§ **Input for this task**:
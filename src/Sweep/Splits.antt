-- ===== src/Sweep/Splits.antt =====
-- The exact null distribution of `mann_whitney` (research/replica_recall/aggregate.py).
use nano_db.Common.{
  ℕ, zero, suc, ◌+◌, ◌≤◌, ◌<◌, ◌≡◌, refl, List, [], ◌∷◌, map, arith, length, length-append,
  length-map,
}
use nano_db.Common.Int.{ℤ}
use nano_db.Sweep.{put_left, put_right, splits, count_extreme}

-- The binomial coefficient.
abbrev pub choose : ℕ → ℕ → ℕ
choose n zero = 1
choose zero (suc k) = 0
choose (suc n) (suc k) = choose n k + choose n (suc k)

-- There are as many splits as ways to choose k of the values.
pub length-splits : (k : ℕ) (pool : List ℤ) → length (splits k pool) ≡ choose (length pool) k
unfolding splits
length-splits zero pool = refl
length-splits (suc k) [] = refl
length-splits (suc k) (x ∷ pool) =
    let with_x = length-map (put_left x) (splits k pool) in
    let without_x = length-map (put_right x) (splits (suc k) pool) in
    omega (
      arith,
      length-splits k pool,
      length-splits (suc k) pool,
      with_x,
      without_x,
      length-append (map (put_left x) (splits k pool)) (map (put_right x) (splits (suc k) pool)),
    )

pub choose_pos : (n k : ℕ) → k ≤ n → 0 < choose n k
choose_pos n zero h = omega arith
choose_pos zero (suc k) h = absurd (omega arith)
choose_pos (suc n) (suc k) h = omega (arith, choose_pos n k (omega arith))

pub count_extreme-le :
    (n observed : ℕ) (ss : List (List ℤ × List ℤ)) → count_extreme n observed ss ≤ length ss
unfolding count_extreme
count_extreme-le n observed [] = omega arith
count_extreme-le n observed (s ∷ ss) = ground (arith, count_extreme-le n observed ss)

§ **Aim of the task**: Please go through the data above and copy every line that has the word "unfolding".

§ **Response box**:
unfolding splits
unfolding count_extreme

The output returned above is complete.